Saved data entries
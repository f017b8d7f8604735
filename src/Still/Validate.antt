-- ===== src/Still/Validate.antt =====
-- Exactly which settings drivers/still/canon-r5-still.c accepts, and what setting them does.
use canon_r.Prelude.{
  ℕ, zero, suc, ◌||◌, ◌%◌, ◌≤◌, ◌≡◌, ◌↔◌, refl, inl, inr, Bool, false, some, arith, ◌==◌,
  if◌then◌else◌, ℤ, pos, negsuc, minus, lt_int, failed, success, ◌>>=◌, done, valid, Bool-cases,
}
use canon_r.Ptp.Still.{ptp_set_image_quality, ptp_set_bracketing}
use canon_r.Still.{ImageQuality, CaptureSettings, StillSystem, on_still}
use canon_r.Still.Settings.{
  still_jpeg, capture_continuous, capture_bracket, validate_quality, validate_continuous,
  validate_bracket, validate_capture_settings, set_quality, get_quality, set_capture_settings,
  get_capture_settings, is_zero,
}

-- The known formats and sizes are those of at most 3.
pub record QualityOk (q : ImageQuality) : Type 0 where
  pub format : q.format ≤ 3
  pub size : q.size ≤ 3
  pub jpeg : q.format ≡ still_jpeg → (1 ≤ q.jpeg_quality) × (q.jpeg_quality ≤ 10)

-- Steps of one to three stops, up or down.
pub data StepOk : ℤ → Type 0 where
  up : (n : ℕ) → n ≤ 2 → StepOk (pos (suc n))
  down : (n : ℕ) → n ≤ 2 → StepOk (negsuc n)

pub record SettingsOk (s : CaptureSettings) : Type 0 where
  pub mode : s.mode ≤ 5
  pub focus_mode : s.focus_mode ≤ 3
  pub metering_mode : s.metering_mode ≤ 3
  pub iso : (50 ≤ s.iso) × (s.iso ≤ 102400)
  pub continuous :
      s.mode ≡ capture_continuous
      → ((1 ≤ s.continuous_fps) × (s.continuous_fps ≤ 30))
        × ((1 ≤ s.burst_count) × (s.burst_count ≤ 999))
  pub bracket :
      s.mode ≡ capture_bracket
      → ((3 ≤ s.bracket_shots) × (s.bracket_shots ≤ 9))
        × ((s.bracket_shots % 2 ≡ 1) × StepOk s.bracket_step)

quality_accepted : (q : ImageQuality) → validate_quality (some q) ≡ success → QualityOk q
unfolding validate_quality
quality_accepted q h = record {
  format = ground arith;
  size = ground arith;
  jpeg = λ e. (ground arith, ground arith);
}

ok_quality : (q : ImageQuality) → QualityOk q → validate_quality (some q) ≡ success
unfolding validate_quality
ok_quality q k = ground (arith, k.format, k.size, k.jpeg)

-- Accepted is exactly a format and a size of at most 3, and for JPEG a quality of 1 to 10.
pub validate_quality-QualityOk :
    (q : ImageQuality) → (validate_quality (some q) ≡ success) ↔ QualityOk q
validate_quality-QualityOk q = (quality_accepted q, ok_quality q)

abbrev step_refused : ℤ → Bool
step_refused k = lt_int k (minus 3) || (lt_int (pos 3) k || is_zero k)

step_accepted : (k : ℤ) → step_refused k ≡ false → StepOk k
step_accepted (pos zero) h = cc
step_accepted (pos (suc n)) h = up n (ground arith)
step_accepted (negsuc n) h = down n (ground arith)

ok_step : (k : ℤ) → StepOk k → step_refused k ≡ false
ok_step _ (up n h) = ground (arith, h)
ok_step _ (down n h) = ground (arith, h)

continuous_accepted :
    (s : CaptureSettings)
    → failed (validate_continuous s) ≡ false
    → s.mode ≡ capture_continuous
    → ((1 ≤ s.continuous_fps) × (s.continuous_fps ≤ 30))
      × ((1 ≤ s.burst_count) × (s.burst_count ≤ 999))
unfolding validate_continuous
continuous_accepted s h e = ((ground arith, ground arith), (ground arith, ground arith))

bracket_accepted :
    (s : CaptureSettings)
    → validate_bracket s ≡ success
    → s.mode ≡ capture_bracket
    → ((3 ≤ s.bracket_shots) × (s.bracket_shots ≤ 9))
      × ((s.bracket_shots % 2 ≡ 1) × StepOk s.bracket_step)
unfolding validate_bracket
bracket_accepted s h e =
    ((ground arith, ground arith), (ground arith, step_accepted s.bracket_step (ground arith)))

settings_accepted :
    (s : CaptureSettings) → validate_capture_settings (some s) ≡ success → SettingsOk s
unfolding validate_capture_settings
settings_accepted s h = record {
  mode = ground arith;
  focus_mode = ground arith;
  metering_mode = ground arith;
  iso = (ground arith, ground arith);
  continuous = continuous_accepted s (ground arith);
  bracket = bracket_accepted s (ground arith);
}

ok_continuous : (s : CaptureSettings) → SettingsOk s → validate_continuous s ≡ success
unfolding validate_continuous
ok_continuous s k = elim (Bool-cases (s.mode == capture_continuous)) [
  | inl e ↦ let r = k.continuous (ground arith) in ground (arith, r.0.0, r.0.1, r.1.0, r.1.1)
  | inr e ↦ rw e refl
]

ok_bracket : (s : CaptureSettings) → SettingsOk s → validate_bracket s ≡ success
unfolding validate_bracket
ok_bracket s k = elim (Bool-cases (s.mode == capture_bracket)) [
  | inl e ↦
      let r = k.bracket (ground arith) in
      ground (arith, r.0.0, r.0.1, r.1.0, ok_step s.bracket_step r.1.1)
  | inr e ↦ rw e refl
]

ok_settings : (s : CaptureSettings) → SettingsOk s → validate_capture_settings (some s) ≡ success
unfolding validate_capture_settings
ok_settings s k = ground (
  arith,
  k.mode,
  k.focus_mode,
  k.metering_mode,
  k.iso.0,
  k.iso.1,
  ok_continuous s k,
  ok_bracket s k,
)

-- Accepted is exactly what is in range: the three enums, ISO 50 to 102400; in continuous mode 1 to
-- 30 frames a second and 1 to 999 pictures; in bracket mode an odd number of 3 to 9 shots, apart by
-- one to three stops up or down.
pub validate_capture_settings-SettingsOk :
    (s : CaptureSettings) → (validate_capture_settings (some s) ≡ success) ↔ SettingsOk s
validate_capture_settings-SettingsOk s = (settings_accepted s, ok_settings s)

module _ {E : Type 0} where
  abbrev pub with_settings : CaptureSettings → StillSystem E → StillSystem E
  with_settings v = on_still (λ d. record d { settings = v })

  -- With the mutex free, what is read after setting is what was set if it was acceptable; if not,
  -- the settings are those of before. Nothing else has changed, and the mutex is free.
  pub get_capture_settings-set_capture_settings :
      (s : StillSystem E) (v : CaptureSettings)
      → s.still.lock ≡ false
      → (set_capture_settings valid (some v) >>= λ _. get_capture_settings valid valid) s ≡ (
          if failed (validate_capture_settings (some v))
          then done (success, some s.still.settings) s
          else done (success, some v) (with_settings v s))
  unfolding set_capture_settings get_capture_settings ptp_set_bracketing
  get_capture_settings-set_capture_settings s v h =
      elim (Bool-cases (failed (validate_capture_settings (some v)))) [
        | inl f ↦ rw (f, h) refl
        | inr f ↦ elim (Bool-cases (v.mode == capture_bracket)) [
          | inl b ↦ rw (f, h, b) refl
          | inr b ↦ rw (f, h, b) refl
        ]
      ]

  -- With the mutex free, the image quality that is read after setting it is what was set if it
  -- was acceptable; if not, it is that of before. Nothing else has changed, and the mutex is
  -- free.
  pub get_quality-set_quality :
      (s : StillSystem E) (q : ImageQuality)
      → s.still.lock ≡ false
      → (set_quality valid (some q) >>= λ _. get_quality valid valid) s ≡ (
          if failed (validate_quality (some q))
          then done (success, some s.still.quality) s
          else done (success, some q) (on_still (λ d. record d { quality = q }) s))
  unfolding set_quality get_quality ptp_set_image_quality
  get_quality-set_quality s q h = elim (Bool-cases (failed (validate_quality (some q)))) [
    | inl f ↦ rw (f, h) refl
    | inr f ↦ rw (f, h) refl
  ]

(Work instruction)
Set all of the records down again, exactly as they stand.

(Answer section)
repository f017b8d7f8604735
filename src/Still/Validate.antt
-- ===== src/Still/Validate.antt =====
-- Exactly which settings drivers/still/canon-r5-still.c accepts, and what setting them does.
use canon_r.Prelude.{
  ℕ, zero, suc, ◌||◌, ◌%◌, ◌≤◌, ◌≡◌, ◌↔◌, refl, inl, inr, Bool, false, some, arith, ◌==◌,
  if◌then◌else◌, ℤ, pos, negsuc, minus, lt_int, failed, success, ◌>>=◌, done, valid, Bool-cases,
}
use canon_r.Ptp.Still.{ptp_set_image_quality, ptp_set_bracketing}
use canon_r.Still.{ImageQuality, CaptureSettings, StillSystem, on_still}
use canon_r.Still.Settings.{
  still_jpeg, capture_continuous, capture_bracket, validate_quality, validate_continuous,
  validate_bracket, validate_capture_settings, set_quality, get_quality, set_capture_settings,
  get_capture_settings, is_zero,
}

-- The known formats and sizes are those of at most 3.
pub record QualityOk (q : ImageQuality) : Type 0 where
  pub format : q.format ≤ 3
  pub size : q.size ≤ 3
  pub jpeg : q.format ≡ still_jpeg → (1 ≤ q.jpeg_quality) × (q.jpeg_quality ≤ 10)

-- Steps of one to three stops, up or down.
pub data StepOk : ℤ → Type 0 where
  up : (n : ℕ) → n ≤ 2 → StepOk (pos (suc n))
  down : (n : ℕ) → n ≤ 2 → StepOk (negsuc n)

pub record SettingsOk (s : CaptureSettings) : Type 0 where
  pub mode : s.mode ≤ 5
  pub focus_mode : s.focus_mode ≤ 3
  pub metering_mode : s.metering_mode ≤ 3
  pub iso : (50 ≤ s.iso) × (s.iso ≤ 102400)
  pub continuous :
      s.mode ≡ capture_continuous
      → ((1 ≤ s.continuous_fps) × (s.continuous_fps ≤ 30))
        × ((1 ≤ s.burst_count) × (s.burst_count ≤ 999))
  pub bracket :
      s.mode ≡ capture_bracket
      → ((3 ≤ s.bracket_shots) × (s.bracket_shots ≤ 9))
        × ((s.bracket_shots % 2 ≡ 1) × StepOk s.bracket_step)

quality_accepted : (q : ImageQuality) → validate_quality (some q) ≡ success → QualityOk q
unfolding validate_quality
quality_accepted q h = record {
  format = ground arith;
  size = ground arith;
  jpeg = λ e. (ground arith, ground arith);
}

ok_quality : (q : ImageQuality) → QualityOk q → validate_quality (some q) ≡ success
unfolding validate_quality
ok_quality q k = ground (arith, k.format, k.size, k.jpeg)

-- Accepted is exactly a format and a size of at most 3, and for JPEG a quality of 1 to 10.
pub validate_quality-QualityOk :
    (q : ImageQuality) → (validate_quality (some q) ≡ success) ↔ QualityOk q
validate_quality-QualityOk q = (quality_accepted q, ok_quality q)

abbrev step_refused : ℤ → Bool
step_refused k = lt_int k (minus 3) || (lt_int (pos 3) k || is_zero k)

step_accepted : (k : ℤ) → step_refused k ≡ false → StepOk k
step_accepted (pos zero) h = cc
step_accepted (pos (suc n)) h = up n (ground arith)
step_accepted (negsuc n) h = down n (ground arith)

ok_step : (k : ℤ) → StepOk k → step_refused k ≡ false
ok_step _ (up n h) = ground (arith, h)
ok_step _ (down n h) = ground (arith, h)

continuous_accepted :
    (s : CaptureSettings)
    → failed (validate_continuous s) ≡ false
    → s.mode ≡ capture_continuous
    → ((1 ≤ s.continuous_fps) × (s.continuous_fps ≤ 30))
      × ((1 ≤ s.burst_count) × (s.burst_count ≤ 999))
unfolding validate_continuous
continuous_accepted s h e = ((ground arith, ground arith), (ground arith, ground arith))

bracket_accepted :
    (s : CaptureSettings)
    → validate_bracket s ≡ success
    → s.mode ≡ capture_bracket
    → ((3 ≤ s.bracket_shots) × (s.bracket_shots ≤ 9))
      × ((s.bracket_shots % 2 ≡ 1) × StepOk s.bracket_step)
unfolding validate_bracket
bracket_accepted s h e =
    ((ground arith, ground arith), (ground arith, step_accepted s.bracket_step (ground arith)))

settings_accepted :
    (s : CaptureSettings) → validate_capture_settings (some s) ≡ success → SettingsOk s
unfolding validate_capture_settings
settings_accepted s h = record {
  mode = ground arith;
  focus_mode = ground arith;
  metering_mode = ground arith;
  iso = (ground arith, ground arith);
  continuous = continuous_accepted s (ground arith);
  bracket = bracket_accepted s (ground arith);
}

ok_continuous : (s : CaptureSettings) → SettingsOk s → validate_continuous s ≡ success
unfolding validate_continuous
ok_continuous s k = elim (Bool-cases (s.mode == capture_continuous)) [
  | inl e ↦ let r = k.continuous (ground arith) in ground (arith, r.0.0, r.0.1, r.1.0, r.1.1)
  | inr e ↦ rw e refl
]

ok_bracket : (s : CaptureSettings) → SettingsOk s → validate_bracket s ≡ success
unfolding validate_bracket
ok_bracket s k = elim (Bool-cases (s.mode == capture_bracket)) [
  | inl e ↦
      let r = k.bracket (ground arith) in
      ground (arith, r.0.0, r.0.1, r.1.0, ok_step s.bracket_step r.1.1)
  | inr e ↦ rw e refl
]

ok_settings : (s : CaptureSettings) → SettingsOk s → validate_capture_settings (some s) ≡ success
unfolding validate_capture_settings
ok_settings s k = ground (
  arith,
  k.mode,
  k.focus_mode,
  k.metering_mode,
  k.iso.0,
  k.iso.1,
  ok_continuous s k,
  ok_bracket s k,
)

-- Accepted is exactly what is in range: the three enums, ISO 50 to 102400; in continuous mode 1 to
-- 30 frames a second and 1 to 999 pictures; in bracket mode an odd number of 3 to 9 shots, apart by
-- one to three stops up or down.
pub validate_capture_settings-SettingsOk :
    (s : CaptureSettings) → (validate_capture_settings (some s) ≡ success) ↔ SettingsOk s
validate_capture_settings-SettingsOk s = (settings_accepted s, ok_settings s)

module _ {E : Type 0} where
  abbrev pub with_settings : CaptureSettings → StillSystem E → StillSystem E
  with_settings v = on_still (λ d. record d { settings = v })

  -- With the mutex free, what is read after setting is what was set if it was acceptable; if not,
  -- the settings are those of before. Nothing else has changed, and the mutex is free.
  pub get_capture_settings-set_capture_settings :
      (s : StillSystem E) (v : CaptureSettings)
      → s.still.lock ≡ false
      → (set_capture_settings valid (some v) >>= λ _. get_capture_settings valid valid) s ≡ (
          if failed (validate_capture_settings (some v))
          then done (success, some s.still.settings) s
          else done (success, some v) (with_settings v s))
  unfolding set_capture_settings get_capture_settings ptp_set_bracketing
  get_capture_settings-set_capture_settings s v h =
      elim (Bool-cases (failed (validate_capture_settings (some v)))) [
        | inl f ↦ rw (f, h) refl
        | inr f ↦ elim (Bool-cases (v.mode == capture_bracket)) [
          | inl b ↦ rw (f, h, b) refl
          | inr b ↦ rw (f, h, b) refl
        ]
      ]

  -- With the mutex free, the image quality that is read after setting it is what was set if it
  -- was acceptable; if not, it is that of before. Nothing else has changed, and the mutex is
  -- free.
  pub get_quality-set_quality :
      (s : StillSystem E) (q : ImageQuality)
      → s.still.lock ≡ false
      → (set_quality valid (some q) >>= λ _. get_quality valid valid) s ≡ (
          if failed (validate_quality (some q))
          then done (success, some s.still.quality) s
          else done (success, some q) (on_still (λ d. record d { quality = q }) s))
  unfolding set_quality get_quality ptp_set_image_quality
  get_quality-set_quality s q h = elim (Bool-cases (failed (validate_quality (some q)))) [
    | inl f ↦ rw (f, h) refl
    | inr f ↦ rw (f, h) refl
  ]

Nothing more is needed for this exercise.